Phonologically-aware Automatic Speech Recognition Evaluation of Low-Resource Languages: The Case of Basque Dialects

Proceedings of the First Workshop on Dialects in NLP — A Resource Perspective

Abstract

Automatic speech recognition models are typically trained with data of standard languages. However, their performance degrades when dealing with non-standard dialectal speech. In this paper, we present the first evaluation of an automatic speech recognition system for Basque, a low-resource language, based on spontaneous broadcast speech with high representation of dialectal speech.
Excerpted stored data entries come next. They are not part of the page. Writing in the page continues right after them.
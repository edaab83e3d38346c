-- ===== src/Server/Locks/Progress.antt =====
-- Tasks that take the mutexes of server/inner.rs in one order, and where they get to.

use frclib_nettables.Base.{
  ℕ, zero, suc, ◌+◌, ◌≤◌, ◌<◌, ◌≡◌, ◌≢◌, refl, sym, subst, ◌⊎◌, inl, inr, true, false, not, some,
  List, [], ◌∷◌, length, any, retain, All, In, In-of_any, ◌==◌, arith, Bool-cases, Option-cases,
}
use frclib_nettables.Server.Locks.{
  Mutex, mutexes, Action, acquire, release, returns, Task, holds, is_taken, advance, advance_by,
  run_at, Reach, here, later,
}

-- Every mutex that is taken stands behind all that are held, and none is held at the end.
abbrev pub IsOrderly : List Mutex → List Action → Type 0
IsOrderly held [] = held ≡ []
IsOrderly held (acquire m ∷ rest) =
    (m < mutexes) × All (λ k. k < m) held × IsOrderly (m ∷ held) rest
IsOrderly held (release m ∷ rest) = IsOrderly (retain (λ k. not (k == m)) held) rest
IsOrderly held (returns ∷ rest) = IsOrderly [] rest

abbrev pub AreOrderly : List Task → Type 0
AreOrderly ts = All (λ t. IsOrderly t.held t.rest) ts

abbrev pub AreDone : List Task → Type 0
AreDone ts = All (λ t. (t.held ≡ []) × (t.rest ≡ [])) ts

-- The actions that are left.
pub work : List Task → ℕ
work [] = 0
work (t ∷ ts) = length t.rest + work ts

abbrev CanMove : List Task → Type 0
CanMove ts = (t : Task) × (u : Task) × In t ts × (advance ts t ≡ some u)

All-In : (P : Task → Type 0) (ts : List Task) (t : Task) → All P ts → In t ts → P t
All-In P [] t h m = absurd m
All-In P (x ∷ xs) t h (inl e) = subst P (sym e) h.0
All-In P (x ∷ xs) t h (inr m) = All-In P xs t h.1 m

held_below :
    (m m' : ℕ) (held : List ℕ) → All (λ k. k < m') held → any (λ k. k == m) held ≡ true → m < m'
held_below m m' [] below h = cc
held_below m m' (k ∷ held) below h = ground (arith, held_below m m' held below.1)

acquire-moves :
    (m : ℕ) (held : List ℕ) (rest : List Action) (ts : List Task)
    → In (record { held = held; rest = acquire m ∷ rest }) ts
    → is_taken m ts ≡ false
    → CanMove ts
unfolding advance_by
acquire-moves m held rest ts t free = (_, record { held = m ∷ held; rest = rest }, t, rw free refl)

-- A task that holds a mutex moves, or waits for a later one.
holder-moves :
    (m : ℕ) (held : List ℕ) (rest : List Action) (ts : List Task)
    → ((m' : ℕ) → m < m' → m' < mutexes → is_taken m' ts ≡ true → CanMove ts)
    → In (record { held = held; rest = rest }) ts
    → IsOrderly held rest
    → any (λ k. k == m) held ≡ true
    → CanMove ts
unfolding advance_by
holder-moves m held [] ts other t orderly h = absurd (cc)
holder-moves m held (acquire m' ∷ rest) ts other t orderly h = elim (Bool-cases (is_taken m' ts)) [
  | inl taken ↦ other m' (held_below m m' held orderly.1 h) orderly.0 taken
  | inr free ↦ acquire-moves m' held rest ts t free
]
holder-moves m held (release m' ∷ rest) ts other t orderly h = (_, _, t, refl)
holder-moves m held (returns ∷ rest) ts other t orderly h = (_, _, t, refl)

taken-moves :
    (b m : ℕ) (ts : List Task)
    → mutexes ≤ m + b
    → m < mutexes
    → AreOrderly ts
    → is_taken m ts ≡ true
    → CanMove ts
unfolding is_taken holds
taken-moves zero m ts enough below orderly taken = absurd (omega arith)
taken-moves (suc b) m ts enough below orderly taken =
    let (t, t_in, h) = In-of_any (holds m) ts taken in
    holder-moves m t.held t.rest ts
      (λ m' later below' taken'. taken-moves b m' ts (omega arith) below' orderly taken') t_in
      (All-In (λ t. IsOrderly t.held t.rest) ts t orderly t_in) h

-- An orderly task that is not done moves, or another one does.
unfinished-moves :
    (held : List ℕ) (rest : List Action) (ts : List Task)
    → AreOrderly ts
    → In (record { held = held; rest = rest }) ts
    → rest ≢ []
    → IsOrderly held rest
    → CanMove ts
unfolding advance_by
unfinished-moves held [] ts all t more orderly = absurd (more refl)
unfinished-moves held (acquire m ∷ rest) ts all t more orderly = elim (Bool-cases (is_taken m ts)) [
  | inl taken ↦ taken-moves mutexes m ts (omega arith) orderly.0 all taken
  | inr free ↦ acquire-moves m held rest ts t free
]
unfinished-moves held (release m ∷ rest) ts all t more orderly = (_, _, t, refl)
unfinished-moves held (returns ∷ rest) ts all t more orderly = (_, _, t, refl)

Unfinished : List Task → Type 0
Unfinished ts = (t : Task) × In t ts × (t.rest ≢ []) × IsOrderly t.held t.rest

done_or_Unfinished_step :
    (held : List ℕ) (rest : List Action) (ts : List Task)
    → IsOrderly held rest
    → AreDone ts ⊎ Unfinished ts
    → AreDone (record { held = held; rest = rest } ∷ ts)
      ⊎ Unfinished (record { held = held; rest = rest } ∷ ts)
unfolding Unfinished
done_or_Unfinished_step held [] ts orderly (inl ended) = inl ((orderly, refl), ended)
done_or_Unfinished_step held [] ts orderly (inr (u, u_in, more, o)) = inr (u, inr u_in, more, o)
done_or_Unfinished_step held (a ∷ rest) ts orderly ends = inr (_, inl refl, (λ e. cc), orderly)

-- The tasks are done, or one of them is not.
done_or_Unfinished : (ts : List Task) → AreOrderly ts → AreDone ts ⊎ Unfinished ts
done_or_Unfinished [] orderly = inl tt
done_or_Unfinished (t ∷ ts) orderly =
    done_or_Unfinished_step t.held t.rest ts orderly.0 (done_or_Unfinished ts orderly.1)

run_at-of_In :
    (all ts : List Task) (t u : Task)
    → In t ts
    → advance all t ≡ some u
    → (i : ℕ) × (us : List Task) × (run_at all i ts ≡ some us)
unfolding run_at
run_at-of_In all [] t u m e = absurd m
run_at-of_In all (x ∷ ts) t u (inl same) e = (zero, u ∷ ts, rw (← same, e) refl)
run_at-of_In all (x ∷ ts) t u (inr m) e =
    let (i, us, f) = run_at-of_In all ts t u m e in (suc i, x ∷ us, rw f refl)

advance-IsOrderly :
    (all : List Task) (held : List ℕ) (rest : List Action) (u : Task)
    → IsOrderly held rest
    → advance_by all held rest ≡ some u
    → IsOrderly u.held u.rest × (length rest ≡ suc (length u.rest))
unfolding advance_by
advance-IsOrderly all held [] u orderly e = absurd (cc)
advance-IsOrderly all held (acquire m ∷ rest) u orderly e = ground arith
advance-IsOrderly all held (release m ∷ rest) u orderly e = ground arith
advance-IsOrderly all held (returns ∷ rest) u orderly e = ground arith

run_at-orderly :
    (all : List Task) (i : ℕ) (ts us : List Task)
    → AreOrderly ts
    → run_at all i ts ≡ some us
    → AreOrderly us × (work ts ≡ suc (work us))
unfolding run_at work
run_at-orderly all i [] us orderly e = absurd (cc)
run_at-orderly all zero (t ∷ ts) us orderly e = elim (Option-cases (advance all t)) [
  | inl f ↦ absurd (cc)
  | inr (u, f) ↦
      let (o, l) = advance-IsOrderly all t.held t.rest u orderly.0 f in
      subst (λ us. AreOrderly us × (work (t ∷ ts) ≡ suc (work us))) {x = u ∷ ts} (cc)
        ((o, orderly.1), omega (arith, l))
]
run_at-orderly all (suc i) (t ∷ ts) us orderly e = elim (Option-cases (run_at all i ts)) [
  | inl f ↦ absurd (cc)
  | inr (vs, f) ↦
      let (o, l) = run_at-orderly all i ts vs orderly.1 f in
      subst (λ us. AreOrderly us × (work (t ∷ ts) ≡ suc (work us))) {x = t ∷ vs} (cc)
        ((orderly.0, o), omega (arith, l))
]

pub Reach-orderly : (ts us : List Task) → AreOrderly ts → Reach ts us → AreOrderly us
Reach-orderly ts us orderly here = orderly
Reach-orderly ts vs orderly (later {us} i r e) =
    (run_at-orderly us i us vs (Reach-orderly ts us orderly r) e).0

Reach-trans : (ts us vs : List Task) → Reach ts us → Reach us vs → Reach ts vs
Reach-trans ts us vs r here = r
Reach-trans ts us vs r (later {us = ws} i q e) = later i (Reach-trans ts us ws r q) e

-- Orderly tasks can be run to the end.
pub finishes :
    (n : ℕ) (ts : List Task)
    → work ts ≤ n
    → AreOrderly ts
    → (us : List Task) × Reach ts us × AreDone us
unfolding Unfinished
finishes zero ts enough orderly = elim (done_or_Unfinished ts orderly) [
  | inl ended ↦ (ts, here, ended)
  | inr (t, t_in, more, o) ↦
      let (x, u, x_in, e) = unfinished-moves t.held t.rest ts orderly t_in more o in
      let (i, us, f) = run_at-of_In ts ts x u x_in e in
      absurd (omega (arith, (run_at-orderly ts i ts us orderly f).1))
]
finishes (suc n) ts enough orderly = elim (done_or_Unfinished ts orderly) [
  | inl ended ↦ (ts, here, ended)
  | inr (t, t_in, more, o) ↦
      let (x, u, x_in, e) = unfinished-moves t.held t.rest ts orderly t_in more o in
      let (i, us, f) = run_at-of_In ts ts x u x_in e in
      let (o', l) = run_at-orderly ts i ts us orderly f in
      let (vs, r, ended) = finishes n us (omega (arith, l)) o' in
      (vs, Reach-trans ts us vs (later i here f) r, ended)
]
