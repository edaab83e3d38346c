-- ===== src/Server/Locks/Order.antt =====
-- The operations of server/inner.rs that take its mutexes in one order.

use frclib_nettables.Base.{ℕ, zero, suc, ◌≡◌, refl, Bool, true, false, List, [], ◌∷◌, All, arith}
use frclib_nettables.Server.Locks.{Action, acquire, release, returns, Task, Reach, cut, task_of}
use frclib_nettables.Server.Locks.Operations.{
  Operation, connect_client, subscribe, unsubscribe, set_properties, un_announce_topics,
  get_topic_idx, get_value, flush_client, set_value, receive_value, send_out, inner_publish_topic,
  publish_again, inner_unpublish_topic, disconnect_client, locks_of,
}
use frclib_nettables.Server.Locks.Progress.{
  IsOrderly, AreOrderly, AreDone, work, Reach-orderly, finishes,
}

-- The operations that keep to the order.
abbrev pub agrees : Operation → Bool
agrees set_value = false
agrees receive_value = false
agrees send_out = false
agrees inner_publish_topic = false
agrees publish_again = false
agrees inner_unpublish_topic = false
agrees disconnect_client = false
agrees _ = true

-- Tasks that run operations, each for so many of its actions at most.
abbrev pub tasks_of : List (Operation × ℕ) → List Task
tasks_of [] = []
tasks_of ((op, k) ∷ ops) = task_of (cut k (locks_of op)) ∷ tasks_of ops

cut-IsOrderly :
    (k : ℕ) (held : List ℕ) (actions : List Action)
    → IsOrderly held actions
    → IsOrderly held (cut k actions)
unfolding cut
cut-IsOrderly zero held actions orderly = refl
cut-IsOrderly (suc k) held [] orderly = orderly
cut-IsOrderly (suc k) held (acquire m ∷ rest) orderly =
    (orderly.0, orderly.1, cut-IsOrderly k (m ∷ held) rest orderly.2)
cut-IsOrderly (suc k) held (release m ∷ rest) orderly = cut-IsOrderly k _ rest orderly
cut-IsOrderly (suc k) held (returns ∷ rest) orderly = cut-IsOrderly k [] rest orderly

locks_of-IsOrderly : (op : Operation) → agrees op ≡ true → IsOrderly [] (locks_of op)
unfolding locks_of
locks_of-IsOrderly (connect_client true true) h = ground arith
locks_of-IsOrderly (connect_client true false) h = ground arith
locks_of-IsOrderly (connect_client false true) h = ground arith
locks_of-IsOrderly (connect_client false false) h = ground arith
locks_of-IsOrderly subscribe h = ground arith
locks_of-IsOrderly unsubscribe h = ground arith
locks_of-IsOrderly set_properties h = ground arith
locks_of-IsOrderly un_announce_topics h = ground arith
locks_of-IsOrderly get_topic_idx h = ground arith
locks_of-IsOrderly get_value h = ground arith
locks_of-IsOrderly flush_client h = ground arith
locks_of-IsOrderly set_value h = absurd (cc)
locks_of-IsOrderly receive_value h = absurd (cc)
locks_of-IsOrderly send_out h = absurd (cc)
locks_of-IsOrderly inner_publish_topic h = absurd (cc)
locks_of-IsOrderly publish_again h = absurd (cc)
locks_of-IsOrderly inner_unpublish_topic h = absurd (cc)
locks_of-IsOrderly disconnect_client h = absurd (cc)

tasks_of-orderly :
    (ops : List (Operation × ℕ)) → All (λ o. agrees o.0 ≡ true) ops → AreOrderly (tasks_of ops)
tasks_of-orderly [] h = tt
tasks_of-orderly ((op, k) ∷ ops) h =
    (cut-IsOrderly k [] (locks_of op) (locks_of-IsOrderly op h.0), tasks_of-orderly ops h.1)

-- Any number of tasks, each of which connects a client, flushes one, subscribes, unsubscribes, sets
-- properties, un-announces a topic or reads a value or an index, and each of which may return
-- early, can be run to the end, with no mutex held there, however they were interleaved before: the
-- mutexes alone stop none of them. Nothing is said of what else a task waits for, such as room in
-- the channel to a client.
pub locks_of-finish :
    (ops : List (Operation × ℕ)) (us : List Task)
    → All (λ o. agrees o.0 ≡ true) ops
    → Reach (tasks_of ops) us
    → (vs : List Task) × Reach us vs × AreDone vs
locks_of-finish ops us agree r =
    finishes (work us) us (omega arith)
      (Reach-orderly (tasks_of ops) us (tasks_of-orderly ops agree) r)
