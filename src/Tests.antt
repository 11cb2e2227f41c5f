-- ===== src/Tests.antt =====
-- Small machines that stand in for the engines, and the theorems at concrete inputs.
mod Data
mod LuaMachine
mod LuaRuns
mod GameMonkeyMachine
mod GameMonkeyRuns
mod SquirrelMachine
mod SquirrelRuns
mod OcamlRuns
mod RuntimeRuns
mod ObjectRuns
mod BytecodeRuns
mod ChannelRuns
mod InputRuns
mod InterpRuns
It relies on a 140-h manually annotated propietary corpus of television programs broadcast by Basque Radio Television, including dialect-level labels, as well as standardized and pseudo-phonetic transcriptions. We find that recognition performance significantly degrades for dialectal compared to standard speech, for all dialects present in our corpus. Subsequently, we provide a quantitative analysis of phonological phenomena based on single-word substitution errors, and identify 52 recurrent phenomena, grouped into sound deletions, epentheses, and substitutions. We further show a modest but statistically significant correlation between the number of phonological phenomena in an utterance and its recognition error rate. Our findings highlight the limitations of dialect-agnostic evaluation and motivate linguistically informed, dialect-aware strategies for automatic speech recognition in low-resource and typologically diverse languages.